Task statement: Report all lines below with the word "replicate".

Stored data entries:
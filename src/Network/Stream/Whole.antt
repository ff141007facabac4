-- ===== src/Network/Stream/Whole.antt =====
-- A message that arrives whole in a read is handled once, and what follows it stays in the buffer.
use whosecoin_core.Base.{
  ℕ, suc, ◌+◌, ◌^◌, ◌≤◌, ◌<◌, ◌≡◌, refl, ap, ◌∙◌, subst, arith, false, Option, some, List, [], ◌++◌,
  append-nil, append_assoc, ltb, length, length-append, take, take-append, Returns, ok, ◌>>=◌,
}
use whosecoin_core.Bytes.{be_bytes, length-be_bytes}
use whosecoin_core.Buffer.{Buffer}
use whosecoin_core.Buffer.Refines.{Holds, dynamic_buffer_write-Holds}
use whosecoin_core.Message.{
  Guid, message_get_length, message_get_type, message_get_guid, load, load_words,
}
use whosecoin_core.Message.Header.{be_words, AreWords, length-be_words, load-at, load_words-at}
use whosecoin_core.Network.{
  message_magic_number, message_header_size, Event, EventHandler, handle_message,
}
use whosecoin_core.Network.Frames.{header_bytes, length-header}
use whosecoin_core.Network.Stream.{bytes_at, take_messages, on_read}
use whosecoin_core.Network.Stream.Finds.{
  bytes_at-Holds, splice-Holds, find_message_start-first, IsQuiet, find_message_start-quiet,
}

-- What the header of a message says.
header-read :
    (guid : Guid) (type n : ℕ)
    → length guid ≡ 4
    → AreWords guid
    → n < 2 ^ 32
    → type < 2 ^ 16
    → let header = header_bytes guid type n in
      (message_get_guid header ≡ ok guid)
      × (message_get_length header ≡ ok n)
      × (message_get_type header ≡ ok type)
unfolding message_get_guid message_get_length message_get_type
header-read guid type n words fits word half =
    let magic = be_bytes 4 message_magic_number in
    let size = be_bytes 4 n in
    let ids = be_words guid in
    let kind = be_bytes 2 type in
    let l1 = length-be_bytes 4 message_magic_number in
    let l2 = length-append magic size in
    let l3 = length-append (magic ++ size) ids in
    let l4 = length-be_words guid in
    let l5 = length-be_bytes 4 n in
    let h = header_bytes guid type n in
    let at_size : magic ++ (size ++ (ids ++ kind)) ≡ h = simp append_assoc in
    let at_ids : (magic ++ size) ++ (ids ++ kind) ≡ h = simp append_assoc in
    let at_kind : ((magic ++ size) ++ ids) ++ (kind ++ []) ≡ h = simp (append_assoc, append-nil) in
    (
      subst (λ k. load_words k 8 h ≡ ok guid) words
          (subst (λ m. load_words (length guid) 8 m ≡ ok guid) at_ids
            (load_words-at guid 8 (magic ++ size) kind (omega (arith, l1, l2, l5)) fits)),
      subst (λ m. load 4 4 m ≡ ok n) at_size
          (load-at 4 4 n magic (ids ++ kind) (omega (arith, l1)) (omega arith)),
      subst (λ m. load 2 24 m ≡ ok type) at_kind
          (load-at 2 24 type ((magic ++ size) ++ ids) [] (omega (arith, l1, l2, l3, l4, l5))
            (omega arith)),
    )

ltb-ge : (a b : ℕ) → b ≤ a → ltb a b ≡ false
ltb-ge a b h = ground arith

-- The bytes of a message.
abbrev pub message_bytes : Guid → ℕ → List ℕ → List ℕ
message_bytes guid type payload = header_bytes guid type (length payload) ++ payload

module _ (guid : Guid) (type : ℕ) (payload tail : List ℕ) (words : length guid ≡ 4)
    (fits : AreWords guid) (word : length payload < 2 ^ 32) (half : type < 2 ^ 16)
    (quiet : IsQuiet tail) (long : 25 ≤ length tail) where
  abbrev header : List ℕ
  header = header_bytes guid type (length payload)

  abbrev message : List ℕ
  message = message_bytes guid type payload

  take_messages-whole :
      (fuel parse : ℕ) (handlers : ℕ → Option EventHandler) (history after : List Guid)
      (buf : Buffer) (events : List Event)
      → Holds buf (message ++ tail)
      → handle_message parse handlers history message (message_header_size + length payload)
        ≡ ok (events, after)
      → Returns
          (take_messages (suc (suc fuel)) parse handlers history buf (some 0))
          λ r. (r.0 ≡ events) × (r.1.0 ≡ after) × Holds r.1.1 tail
  unfolding take_messages
  take_messages-whole fuel parse handlers history after buf events h run =
      let n = length payload in
      let size = message_header_size + n in
      let lh = length-header guid type n words in
      let lm = length-append header payload in
      let lt = length-append message tail in
      let (buf1, e1, h1) = splice-Holds 0 buf [] (message ++ tail) refl h in
      let head : bytes_at message_header_size 0 buf1 ≡ ok header =
        bytes_at-Holds buf1 (message ++ tail) message_header_size 0 h1 (omega (arith, lh, lm, lt))
        ∙ ap ok (
            subst (λ k. take k (message ++ tail) ≡ header) lh
              (ap (take (length header)) (append_assoc header payload tail)
                ∙ take-append header (payload ++ tail))) in
      let (got_guid, got_size, got_type) = header-read guid type n words fits word half in
      let waits : ltb buf1.length_field size ≡ false =
        ltb-ge buf1.length_field size (omega (arith, h1.counted, lh, lm, lt)) in
      let whole : bytes_at size 0 buf1 ≡ ok message =
        bytes_at-Holds buf1 (message ++ tail) size 0 h1 (omega (arith, lh, lm, lt))
        ∙ ap ok (
            subst (λ k. take k (message ++ tail) ≡ message) (lm ∙ ap (λ k. k + n) lh)
              (take-append message tail)) in
      let (buf2, e2, h2) = splice-Holds size buf1 message tail (lm ∙ ap (λ k. k + n) lh) h1 in
      let next = find_message_start-quiet buf2 tail h2 quiet long in
      (
        (events ++ [], (after, buf2)),
        rw
            (
              e1, ◌>>=◌, head, ◌>>=◌, got_guid, ◌>>=◌, got_size, ◌>>=◌, got_type, ◌>>=◌, waits,
              whole, ◌>>=◌, run, ◌>>=◌, e2, ◌>>=◌, next, ◌>>=◌, take_messages,
            )
            refl,
        (append-nil events, refl, h2),
      )

  -- A read into an empty buffer of a message (a guid of four words, a payload shorter than 2 ^ 32
  -- bytes, a type of 16 bits) and at least 25 bytes behind it, in which the magic number stands
  -- nowhere that it is looked for, handles the message once and leaves what is behind it in the
  -- buffer, if all of it is shorter than 2 ^ 31 bytes and handling the message returns.
  pub on_read-whole :
      (fuel parse : ℕ) (handlers : ℕ → Option EventHandler) (history after : List Guid)
      (buf : Buffer) (events : List Event)
      → Holds buf []
      → length (message_bytes guid type payload ++ tail) < 2 ^ 31
      → handle_message parse handlers history
          (message_bytes guid type payload)
          (message_header_size + length payload)
        ≡ ok (events, after)
      → (rest : Buffer) × (on_read
            (suc (suc fuel))
            parse
            handlers
            history
            buf
            (some (message_bytes guid type payload ++ tail))
          ≡ ok (some (events, (after, rest))))
        × Holds rest tail
  unfolding on_read
  on_read-whole fuel parse handlers history after buf events h short run =
      let (longer, written, held) =
        dynamic_buffer_write-Holds (message ++ tail) buf [] h (omega arith) in
      let magic = be_bytes 4 message_magic_number in
      let others =
        be_bytes 4 (length payload) ++ (be_words guid ++ (be_bytes 2 type ++ (payload ++ tail))) in
      let parts : message ++ tail ≡ magic ++ others = simp append_assoc in
      let total = length-append magic others in
      let four = length-be_bytes 4 message_magic_number in
      let lh = length-header guid type (length payload) words in
      let lm = length-append header payload in
      let lt = length-append message tail in
      let start =
        find_message_start-first longer others (subst (Holds longer) parts held)
          (omega (arith, four, total, ap length parts, lh, lm, lt)) in
      let (r, taken, (same, history_same, rest)) =
        take_messages-whole fuel parse handlers history after longer events held run in
      (r.1.1, rw (written, ◌>>=◌, start, ◌>>=◌, taken, ◌>>=◌) (cc (same, history_same)), rest)
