-- ===== src/Examples/Streams.antt =====
-- network.c at concrete inputs: a message that is read with the zeros behind it, and one that is
-- sent to several peers.
use whosecoin_core.Base.{
  ◌>>=◌, ℕ, zero, suc, ◌+◌, ◌<◌, ◌^◌, ◌≡◌, refl, arith, none, some, List, [], ◌∷◌, ◌++◌, replicate,
  length, take, ok,
}
use whosecoin_core.Buffer.{Buffer, dynamic_buffer_create}
use whosecoin_core.Buffer.Refines.{Holds, dynamic_buffer_create-Holds}
use whosecoin_core.Message.{Guid, message_get_magic}
use whosecoin_core.Network.{relayed, handle_message}
use whosecoin_core.Network.Shared.{broadcast_message, on_writes, held, on_writes-broadcast}
use whosecoin_core.Network.Stream.{on_read}
use whosecoin_core.Network.Stream.Finds.{IsQuiet}
use whosecoin_core.Network.Stream.Whole.{message_bytes, on_read-whole}

abbrev four_words : Guid
four_words = 1 ∷ 2 ∷ 3 ∷ 4 ∷ []

abbrev zeros : List ℕ
zeros = replicate 26 0

zeros-IsQuiet : IsQuiet zeros
unfolding message_get_magic whosecoin_core.Bytes.from_be
zeros-IsQuiet zero room = (0, refl, refl)
zeros-IsQuiet (suc i) room = absurd (omega arith)

abbrev arrived : List ℕ
arrived = message_bytes four_words 10 (b'(' ∷ b')' ∷ [])

-- The node has no handler, and sends the message on.
arrived-handled :
    handle_message 9 (λ type. none) [] arrived (26 + 2)
    ≡ ok (relayed (take 28 arrived) ∷ [], four_words ∷ [])
unfolding handle_message whosecoin_core.Message.message_get_guid whosecoin_core.Bytes.be_bytes
    whosecoin_core.Message.message_get_length whosecoin_core.Message.message_get_type
    whosecoin_core.Message.guid_is_null whosecoin_core.Bytes.from_be
arrived-handled = refl

arrived-short : length (arrived ++ zeros) < 2 ^ 31
unfolding whosecoin_core.Bytes.be_bytes
arrived-short = omega arith

on_read-whole_example :
    (rest : Buffer) × (on_read 2 9
        (λ type. none)
        []
        (dynamic_buffer_create 32)
        (some (arrived ++ zeros))
      ≡ ok (some (relayed (take 28 arrived) ∷ [], (four_words ∷ [], rest))))
    × Holds rest zeros
on_read-whole_example =
    on_read-whole four_words 10 (b'(' ∷ b')' ∷ []) zeros refl
      (omega arith, (omega arith, (omega arith, (omega arith, tt)))) (omega arith) (omega arith)
      zeros-IsQuiet (omega arith) 0 9 (λ type. none) [] (four_words ∷ []) (dynamic_buffer_create 32)
      (relayed (take 28 arrived) ∷ []) (dynamic_buffer_create-Holds 32 (omega arith) (omega arith))
      arrived-short arrived-handled

-- A message to three peers, one of which has received it.
on_writes-broadcast_example : (broadcast_message 3 >>= on_writes 1) ≡ ok (held 2)
on_writes-broadcast_example = on_writes-broadcast 1 2 (omega arith)
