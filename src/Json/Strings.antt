-- ===== src/Json/Strings.antt =====
-- The text of strings and keys.
use whosecoin_core.Base.{ℕ, List, [], ◌∷◌, ◌++◌, append_assoc, subst}
use whosecoin_core.Buffer.Appends.{Appends, Appends-then, putc-Appends, write-Appends}
use whosecoin_core.Json.{quote, json_write_string, json_write_key}

quote-Appends :
    (last : ℕ) (str : List ℕ) → Appends (quote last str) (b'"' ∷ (str ++ b'"' ∷ last ∷ []))
unfolding quote
quote-Appends last str = subst (Appends (quote last str)) (simp append_assoc) (
    Appends-then _ _
      (Appends-then _ _ (Appends-then _ _ (putc-Appends b'"') (write-Appends str))
        (putc-Appends b'"'))
      (putc-Appends last))

-- Writing a string appends it between quotes and a comma, and writing a key appends it between
-- quotes and a colon, as long as the buffer stays below 2 ^ 31 bytes.
pub json_write_string-Appends :
    (str : List ℕ)
    → Appends (json_write_string str) (b'"' ∷ (str ++ b'"' ∷ b',' ∷ []))
      × Appends (json_write_key str) (b'"' ∷ (str ++ b'"' ∷ b':' ∷ []))
unfolding json_write_string json_write_key
json_write_string-Appends str = (quote-Appends b',' str, quote-Appends b':' str)
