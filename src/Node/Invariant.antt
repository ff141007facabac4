-- ===== src/Node/Invariant.antt =====
-- The invariant of the node: the blockchain is a tree, and the pool has no transaction twice.
pub mod Growth
pub mod Adds
pub mod Ends
pub mod Draws
pub mod Proposes
pub mod Replies
pub mod Steps
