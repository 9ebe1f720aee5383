-- ===== src/Packet/Floats/RoundTrip.antt =====
-- What a compressed float is when it is read back.
use enki_net.Common.{ℕ, zero, suc, ◌/◌, ◌^◌, ◌≤◌, ◌<◌, ◌≡◌, refl, ap, ◌∙◌, ok, arith}
use enki_net.Common.Bits.{bit}
use enki_net.Packet.{Packet}
use enki_net.Packet.Bits.Copies.{IsBytes}
use enki_net.Packet.Bits.Reader.{read_at}
use enki_net.Packet.Bits.Reference.{span}
use enki_net.Packet.Bits.RoundTrip.{ReadsAs, write_bits-ReadsAs}
use enki_net.Packet.Bits.Writer.{WritesAt}
use enki_net.Packet.Floats.{
  Floats, max_possible_values, bits_required, final_value, decoded, write_compressed_float,
  read_compressed_float,
}

-- Writing `x` and reading from the same place gives `result`, the read cursor ending where the write cursor ended.
pub record GivesBack {F : Type 0} (ops : Floats F) (low high resolution : F) (index start : ℕ)
    (p : Packet) (x result : F) : Type 0 where
  pub after : Packet
  pub writes : write_compressed_float ops low high resolution x p ≡ ok after
  pub reads :
      read_compressed_float ops low high resolution (read_at after index start)
      ≡ ok (
        result,
        record after { bytes_read = after.bytes_written; bits_read = after.bits_written },
      )

-- The point number `k` of a range with `n` steps.
abbrev pub value_at : {F : Type 0} → Floats F → F → F → ℕ → ℕ → F
value_at ops low high n k =
    ops.add (ops.mul (ops.div (ops.of_int k) (ops.of_int n)) (ops.sub high low)) low

-- At the points of a range with `n` steps each operation is undone by its inverse, without a loss.
pub record IsExact {F : Type 0} (ops : Floats F) (low high : F) (n : ℕ) : Type 0 where
  pub unshift :
      (k : ℕ)
      → k ≤ n
      → ops.sub (value_at ops low high n k) low
        ≡ ops.mul (ops.div (ops.of_int k) (ops.of_int n)) (ops.sub high low)
  pub unscale :
      (k : ℕ)
      → k ≤ n
      → ops.div
          (ops.mul (ops.div (ops.of_int k) (ops.of_int n)) (ops.sub high low))
          (ops.sub high low)
        ≡ ops.div (ops.of_int k) (ops.of_int n)
  pub kept :
      (k : ℕ)
      → k ≤ n
      → ops.clamp (ops.div (ops.of_int k) (ops.of_int n)) ≡ ops.div (ops.of_int k) (ops.of_int n)
  pub unshare :
      (k : ℕ)
      → k ≤ n
      → ops.mul (ops.div (ops.of_int k) (ops.of_int n)) (ops.of_int n) ≡ ops.of_int k
  pub rounds : (k : ℕ) → k ≤ n → ops.round (ops.of_int k) ≡ k

-- The powers of two.
pow_ge : (a b : ℕ) → a ≤ b → 2 ^ a ≤ 2 ^ b
pow_ge zero zero h = omega arith
pow_ge (suc a) zero h = absurd (omega arith)
pow_ge zero (suc b) h = omega (arith, pow_ge zero b (omega arith))
pow_ge (suc a) (suc b) h = omega (arith, pow_ge a b (omega arith))

span_ge : (start n : ℕ) → n ≤ span start n
span_ge start zero = omega arith
span_ge zero (suc n) = omega arith
span_ge (suc start) (suc n) = omega arith

bit_pow_below : (j k : ℕ) → j < k → bit j (2 ^ k) ≡ bit j 0
bit_pow_below j zero h = absurd (omega arith)
bit_pow_below zero (suc k) h = omega arith
bit_pow_below (suc j) (suc k) h =
    let half : 2 ^ suc k / 2 ≡ 2 ^ k = omega arith in
    let nothing : 0 / 2 ≡ 0 = refl in
    ap (bit j) half ∙ bit_pow_below j k (omega arith) ∙ ap (bit j) nothing

module _ {F : Type 0} (ops : Floats F) (low high resolution : F) where
  gives_back :
      (value index start : ℕ) (p : Packet) (x : F)
      → ReadsAs
          (final_value ops low high resolution x)
          value
          (bits_required ops low high resolution)
          index
          start
          p
      → GivesBack ops low high resolution index start p x (decoded ops low high resolution value)
  unfolding write_compressed_float read_compressed_float
  gives_back value index start p x back = record {
    after = back.after;
    writes = back.writes;
    reads = rw back.reads refl;
  }

  -- From a cursor in a buffer of bytes, a float whose final value fits the bits is read back as what this is decoded to.
  write_compressed_float-decoded :
      (index start : ℕ) (p : Packet) (x : F)
      → WritesAt p index start
      → IsBytes p.bytes
      → 0 < bits_required ops low high resolution
      → bits_required ops low high resolution < 32
      → final_value ops low high resolution x < 2 ^ bits_required ops low high resolution
      → GivesBack ops low high resolution index start p x
          (decoded ops low high resolution (final_value ops low high resolution x))
  write_compressed_float-decoded index start p x at bytes some_bits few fits =
      let v = final_value ops low high resolution x in
      let n = bits_required ops low high resolution in
      gives_back v index start p x (
        write_bits-ReadsAs v v n index start p at bytes some_bits (omega arith)
          (omega (arith, pow_ge n (span start n) (span_ge start n)))
          (omega (arith, pow_ge n 32 (omega arith))) (λ j l. refl))

  final_value-value_at :
      (n k : ℕ)
      → ops.ceil (ops.div (ops.sub high low) resolution) ≡ n
      → IsExact ops low high n
      → k ≤ n
      → final_value ops low high resolution (value_at ops low high n k) ≡ k
  unfolding final_value max_possible_values
  final_value-value_at n k count exact within =
      let x = value_at ops low high n k in
      let width = ops.sub high low in
      ap (λ (m : ℕ). ops.round (ops.mul (ops.clamp (ops.div (ops.sub x low) width)) (ops.of_int m)))
        count
      ∙ ap (λ (a : F). ops.round (ops.mul (ops.clamp (ops.div a width)) (ops.of_int n)))
          (exact.unshift k within)
      ∙ ap (λ (a : F). ops.round (ops.mul (ops.clamp a) (ops.of_int n))) (exact.unscale k within)
      ∙ ap (λ (a : F). ops.round (ops.mul a (ops.of_int n))) (exact.kept k within)
      ∙ ap ops.round (exact.unshare k within)
      ∙ exact.rounds k within

  decoded-value_at :
      (n k : ℕ)
      → ops.ceil (ops.div (ops.sub high low) resolution) ≡ n
      → decoded ops low high resolution k ≡ value_at ops low high n k
  unfolding decoded max_possible_values
  decoded-value_at n k count = ap (λ (m : ℕ). value_at ops low high m k) count

  bits_lem :
      (n : ℕ)
      → ops.ceil (ops.div (ops.sub high low) resolution) ≡ n
      → bits_required ops low high resolution ≡ ops.log2 n
  unfolding bits_required max_possible_values
  bits_lem n count = ap ops.log2 count

  -- If the range holds `n` steps of the resolution, and the arithmetic is exact on the points min + k / n * (max - min),
  -- as for powers of two, then from a cursor in a buffer of bytes, the point with a number `k` that fits the bits, 1 to
  -- 31, which log2 gives for `n`, is read back from the place where it was written as it was, and the read cursor ends
  -- where the write cursor ended.
  pub write_compressed_float-GivesBack :
      (n k index start : ℕ) (p : Packet)
      → ops.ceil (ops.div (ops.sub high low) resolution) ≡ n
      → IsExact ops low high n
      → k ≤ n
      → k < 2 ^ ops.log2 n
      → 0 < ops.log2 n
      → ops.log2 n < 32
      → WritesAt p index start
      → IsBytes p.bytes
      → GivesBack ops low high resolution index start p
          (value_at ops low high n k)
          (value_at ops low high n k)
  write_compressed_float-GivesBack n k index start p count exact within fits some_bits few at
        bytes =
      let x = value_at ops low high n k in
      let kept = final_value-value_at n k count exact within in
      let bits = bits_lem n count in
      rw (ap (decoded ops low high resolution) kept ∙ decoded-value_at n k count) at (
        write_compressed_float-decoded index start p x at bytes (rw bits some_bits) (rw bits few)
          (rw (kept, bits) fits))

  -- At the border of a byte, a float whose final value is 2 to the power of the bits that are required, as for the
  -- top of the range if the number of possible values is a power of two, is read back as the float that stands for 0.
  pub write_compressed_float_top :
      (index : ℕ) (p : Packet) (x : F)
      → WritesAt p index 0
      → IsBytes p.bytes
      → 0 < bits_required ops low high resolution
      → bits_required ops low high resolution < 32
      → final_value ops low high resolution x ≡ 2 ^ bits_required ops low high resolution
      → GivesBack ops low high resolution index 0 p x (decoded ops low high resolution 0)
  write_compressed_float_top index p x at bytes some_bits few top =
      let v = final_value ops low high resolution x in
      let n = bits_required ops low high resolution in
      gives_back 0 index 0 p x (
        write_bits-ReadsAs v 0 n index 0 p at bytes some_bits (omega arith)
          (omega (arith, pow_ge 0 (span 0 n) (omega arith))) (omega arith)
          (λ j l. ap (bit j) top ∙ bit_pow_below j n (below n j l)))
    where
      below : (n j : ℕ) → j < span 0 n → j < n
      below zero j l = l
      below (suc n) j l = l
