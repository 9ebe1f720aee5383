-- ===== src/Packet/RoundTrip/Nested.antt =====
-- The codec of a packet inside of a packet, operator<< and operator>> for Packet& in
-- src/EnkiNet/Networking/Packet.cpp.
use enki_net.Common.{ℕ, ◌^◌, ◌≤◌, ◌<◌, List, [], ◌∷◌, Bool, length, arith}
use enki_net.Packet.{Packet}
use enki_net.Packet.Codec.{put_vector, get_vector, put_packet, get_packet}
use enki_net.Packet.Laws.{Writes, Reads}
use enki_net.Packet.Channel.{received, of_data_long}
use enki_net.Packet.RoundTrip.Sequences.{Fits, vector_bytes, put_vector-Writes, get_vector-Reads}

put_bytes-Writes :
    (null : Bool) (bytes : List ℕ) (p : Packet)
    → 8 ≤ length bytes
    → p.bytes_written ≤ length p.bytes
    → Writes (put_vector null 1 bytes p) p (vector_bytes 1 bytes)
put_bytes-Writes null [] p some h = absurd (omega arith)
put_bytes-Writes null (b ∷ bs) p some h = put_vector-Writes null 0 b bs p h

pub put_packet-Writes :
    (null : Bool) (inner p : Packet)
    → 8 ≤ length inner.bytes
    → p.bytes_written ≤ length p.bytes
    → Writes (put_packet null inner p) p (vector_bytes 1 inner.bytes)
unfolding put_packet
put_packet-Writes null inner p some h = put_bytes-Writes null inner.bytes p some h

get_bytes-Reads :
    (null : Bool) (bytes : List ℕ)
    → 8 ≤ length bytes
    → length bytes < 256 ^ 8
    → Fits 1 bytes
    → Reads (get_vector null 1) bytes (vector_bytes 1 bytes)
get_bytes-Reads null [] some short each = absurd (omega arith)
get_bytes-Reads null (b ∷ bs) some short each = get_vector-Reads null 1 b bs each short

-- The buffer of a packet, with the room behind what was written, is what a reader gets.
pub get_packet-Reads :
    (null : Bool) (bytes : List ℕ)
    → 8 ≤ length bytes
    → length bytes < 256 ^ 8
    → Fits 1 bytes
    → Reads (get_packet null) (received bytes) (vector_bytes 1 bytes)
unfolding get_packet
get_packet-Reads null bytes some short each p rest ready =
    rw (get_bytes-Reads null bytes some short each p rest ready, of_data_long bytes some)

Written answer:
  ◌>>=◌, ℕ, zero, suc, ◌+◌, ◌<◌, ◌^◌, ◌≡◌, refl, arith, none, some, List, [], ◌∷◌, ◌++◌, replicate,
zeros = replicate 26 0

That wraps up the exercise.